> [TASK DESCRIPTION] Whatever the records contain, reproduce all of them exactly.

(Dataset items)
· · · ·

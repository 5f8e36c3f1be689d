-- ===== src/Config.antt =====
-- `Settings` of marcel/config.py, and the options of `create_engine_and_sessionmaker` of
-- marcel/models/database.py. A float stands for its amount in units of 10^-40.
use Prim.Native.String.{count}
pub mod Usable
pub mod Cached
mod Tests
use marcel_arch.Prelude.{
  ℕ, ◌*◌, String, Bool, true, false, Option, none, some, List, [], ◌∷◌, ◌==◌, ◌&&◌, ◌||◌, not, any,
  leb, starts_with, if◌then◌else◌,
}
use marcel_arch.Prelude.Int.{ℤ, pos, ltb_ℤ, leb_ℤ}
use marcel_arch.Prelude.Result.{Result, ok, err, validation_error}
use marcel_arch.Conditions.{member}
use marcel_arch.Governor.{units_per_one}

pub record Settings : Type 0 where
  pub environment : String
  pub app_name : String
  pub app_version : String
  pub log_level : String
  pub database_url : String
  pub database_pool_size : ℕ
  pub database_max_overflow : ℕ
  pub redis_url : String
  pub redis_socket_timeout_seconds : ℤ
  pub redis_health_check_interval_seconds : ℕ
  pub jwt_secret : String
  pub jwt_algorithm : String
  pub jwt_issuer : String
  pub jwt_audience : String
  pub jwt_expiry_seconds : ℕ
  pub audit_hmac_key : String
  pub approval_timeout_seconds : ℕ
  pub max_request_body_bytes : ℕ
  pub cors_origins : List String

-- `Field(ge=low, le=high)`
abbrev pub between : ℕ → ℕ → ℕ → Bool
between low high n = leb low n && leb n high

-- The fields that are literals.
unfoldable pub literals_fit : Settings → Bool
literals_fit s =
    member s.environment ("development" ∷ "test" ∷ "staging" ∷ "production" ∷ [])
    && member s.log_level ("DEBUG" ∷ "INFO" ∷ "WARNING" ∷ "ERROR" ∷ "CRITICAL" ∷ [])
    && member s.jwt_algorithm ("HS256" ∷ "HS384" ∷ "HS512" ∷ [])

-- The bounds of the numbers.
unfoldable pub numbers_fit : Settings → Bool
numbers_fit s =
    between 1 100 s.database_pool_size
    && between 0 100 s.database_max_overflow
    && ltb_ℤ (pos 0) s.redis_socket_timeout_seconds
    && leb_ℤ s.redis_socket_timeout_seconds (pos (30 * units_per_one))
    && between 1 300 s.redis_health_check_interval_seconds
    && between 60 86400 s.jwt_expiry_seconds
    && between 30 86400 s.approval_timeout_seconds
    && between 1024 10485760 s.max_request_body_bytes

-- The two secrets have a least length.
unfoldable pub secrets_fit : Settings → Bool
secrets_fit s = leb 32 (count s.jwt_secret) && leb 32 (count s.audit_hmac_key)

unfoldable pub validate_database_url : String → Bool
validate_database_url value =
    starts_with "sqlite+aiosqlite://" value || starts_with "postgresql+asyncpg://" value

-- `parsed.scheme not in {...}`, where `scheme` is that of pydantic's `AnyUrl`, which may raise.
unfoldable pub validate_redis_url : Option String → Bool
validate_redis_url none = false
validate_redis_url (some scheme) = member scheme ("redis" ∷ "rediss" ∷ [])

unfoldable pub validate_cors_origins : List String → Bool
validate_cors_origins [] = false
validate_cors_origins (origin ∷ origins) = true

-- The settings, if every field fits. `scheme_of` stands for `AnyUrl(value).scheme`.
unfoldable pub validate : (String → Option String) → Settings → Result Settings
unfolding literals_fit numbers_fit secrets_fit validate_database_url validate_redis_url
    validate_cors_origins
validate scheme_of s =
    if literals_fit s
      && numbers_fit s
      && secrets_fit s
      && validate_database_url s.database_url
      && validate_redis_url (scheme_of s.redis_url)
      && validate_cors_origins s.cors_origins
    then ok s
    else err validation_error

-- `get_settings`, whose cache holds one value: `built` is what `Settings()` ends in now. What it raises
-- is not kept.
unfoldable pub get_settings : Result Settings → Option Settings → Result Settings × Option Settings
get_settings built (some settings) = (ok settings, some settings)
get_settings (ok settings) none = (ok settings, some settings)
get_settings (err e) none = (err e, none)

unfoldable pub is_production : Settings → Bool
is_production s = s.environment == "production"

-- The keyword arguments of `create_async_engine`; `none` where one is left out.
pub record EngineOptions : Type 0 where
  pub echo : Bool
  pub pool_pre_ping : Bool
  pub future : Bool
  pub check_same_thread : Option Bool
  pub pool_size : Option ℕ
  pub max_overflow : Option ℕ

unfoldable pub engine_options : Settings → EngineOptions
engine_options s =
    let sqlite = starts_with "sqlite+" s.database_url in
    record {
      echo = false;
      pool_pre_ping = true;
      future = true;
      check_same_thread = if sqlite then some false else none;
      pool_size = if sqlite then none else some s.database_pool_size;
      max_overflow = if sqlite then none else some s.database_max_overflow;
    }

· · · ·

> [ANSWER]
repository 5f8e36c3f1be689d
-- ===== src/Config.antt =====
-- `Settings` of marcel/config.py, and the options of `create_engine_and_sessionmaker` of
-- marcel/models/database.py. A float stands for its amount in units of 10^-40.
use Prim.Native.String.{count}
pub mod Usable
pub mod Cached
mod Tests
use marcel_arch.Prelude.{
  ℕ, ◌*◌, String, Bool, true, false, Option, none, some, List, [], ◌∷◌, ◌==◌, ◌&&◌, ◌||◌, not, any,
  leb, starts_with, if◌then◌else◌,
}
use marcel_arch.Prelude.Int.{ℤ, pos, ltb_ℤ, leb_ℤ}
use marcel_arch.Prelude.Result.{Result, ok, err, validation_error}
use marcel_arch.Conditions.{member}
use marcel_arch.Governor.{units_per_one}

pub record Settings : Type 0 where
  pub environment : String
  pub app_name : String
  pub app_version : String
  pub log_level : String
  pub database_url : String
  pub database_pool_size : ℕ
  pub database_max_overflow : ℕ
  pub redis_url : String
  pub redis_socket_timeout_seconds : ℤ
  pub redis_health_check_interval_seconds : ℕ
  pub jwt_secret : String
  pub jwt_algorithm : String
  pub jwt_issuer : String
  pub jwt_audience : String
  pub jwt_expiry_seconds : ℕ
  pub audit_hmac_key : String
  pub approval_timeout_seconds : ℕ
  pub max_request_body_bytes : ℕ
  pub cors_origins : List String

-- `Field(ge=low, le=high)`
abbrev pub between : ℕ → ℕ → ℕ → Bool
between low high n = leb low n && leb n high

-- The fields that are literals.
unfoldable pub literals_fit : Settings → Bool
literals_fit s =
    member s.environment ("development" ∷ "test" ∷ "staging" ∷ "production" ∷ [])
    && member s.log_level ("DEBUG" ∷ "INFO" ∷ "WARNING" ∷ "ERROR" ∷ "CRITICAL" ∷ [])
    && member s.jwt_algorithm ("HS256" ∷ "HS384" ∷ "HS512" ∷ [])

-- The bounds of the numbers.
unfoldable pub numbers_fit : Settings → Bool
numbers_fit s =
    between 1 100 s.database_pool_size
    && between 0 100 s.database_max_overflow
    && ltb_ℤ (pos 0) s.redis_socket_timeout_seconds
    && leb_ℤ s.redis_socket_timeout_seconds (pos (30 * units_per_one))
    && between 1 300 s.redis_health_check_interval_seconds
    && between 60 86400 s.jwt_expiry_seconds
    && between 30 86400 s.approval_timeout_seconds
    && between 1024 10485760 s.max_request_body_bytes

-- The two secrets have a least length.
unfoldable pub secrets_fit : Settings → Bool
secrets_fit s = leb 32 (count s.jwt_secret) && leb 32 (count s.audit_hmac_key)

unfoldable pub validate_database_url : String → Bool
validate_database_url value =
    starts_with "sqlite+aiosqlite://" value || starts_with "postgresql+asyncpg://" value

-- `parsed.scheme not in {...}`, where `scheme` is that of pydantic's `AnyUrl`, which may raise.
unfoldable pub validate_redis_url : Option String → Bool
validate_redis_url none = false
validate_redis_url (some scheme) = member scheme ("redis" ∷ "rediss" ∷ [])

unfoldable pub validate_cors_origins : List String → Bool
validate_cors_origins [] = false
validate_cors_origins (origin ∷ origins) = true

-- The settings, if every field fits. `scheme_of` stands for `AnyUrl(value).scheme`.
unfoldable pub validate : (String → Option String) → Settings → Result Settings
unfolding literals_fit numbers_fit secrets_fit validate_database_url validate_redis_url
    validate_cors_origins
validate scheme_of s =
    if literals_fit s
      && numbers_fit s
      && secrets_fit s
      && validate_database_url s.database_url
      && validate_redis_url (scheme_of s.redis_url)
      && validate_cors_origins s.cors_origins
    then ok s
    else err validation_error

-- `get_settings`, whose cache holds one value: `built` is what `Settings()` ends in now. What it raises
-- is not kept.
unfoldable pub get_settings : Result Settings → Option Settings → Result Settings × Option Settings
get_settings built (some settings) = (ok settings, some settings)
get_settings (ok settings) none = (ok settings, some settings)
get_settings (err e) none = (err e, none)

unfoldable pub is_production : Settings → Bool
is_production s = s.environment == "production"

-- The keyword arguments of `create_async_engine`; `none` where one is left out.
pub record EngineOptions : Type 0 where
  pub echo : Bool
  pub pool_pre_ping : Bool
  pub future : Bool
  pub check_same_thread : Option Bool
  pub pool_size : Option ℕ
  pub max_overflow : Option ℕ

unfoldable pub engine_options : Settings → EngineOptions
engine_options s =
    let sqlite = starts_with "sqlite+" s.database_url in
    record {
      echo = false;
      pool_pre_ping = true;
      future = true;
      check_same_thread = if sqlite then some false else none;
      pool_size = if sqlite then none else some s.database_pool_size;
      max_overflow = if sqlite then none else some s.database_max_overflow;
    }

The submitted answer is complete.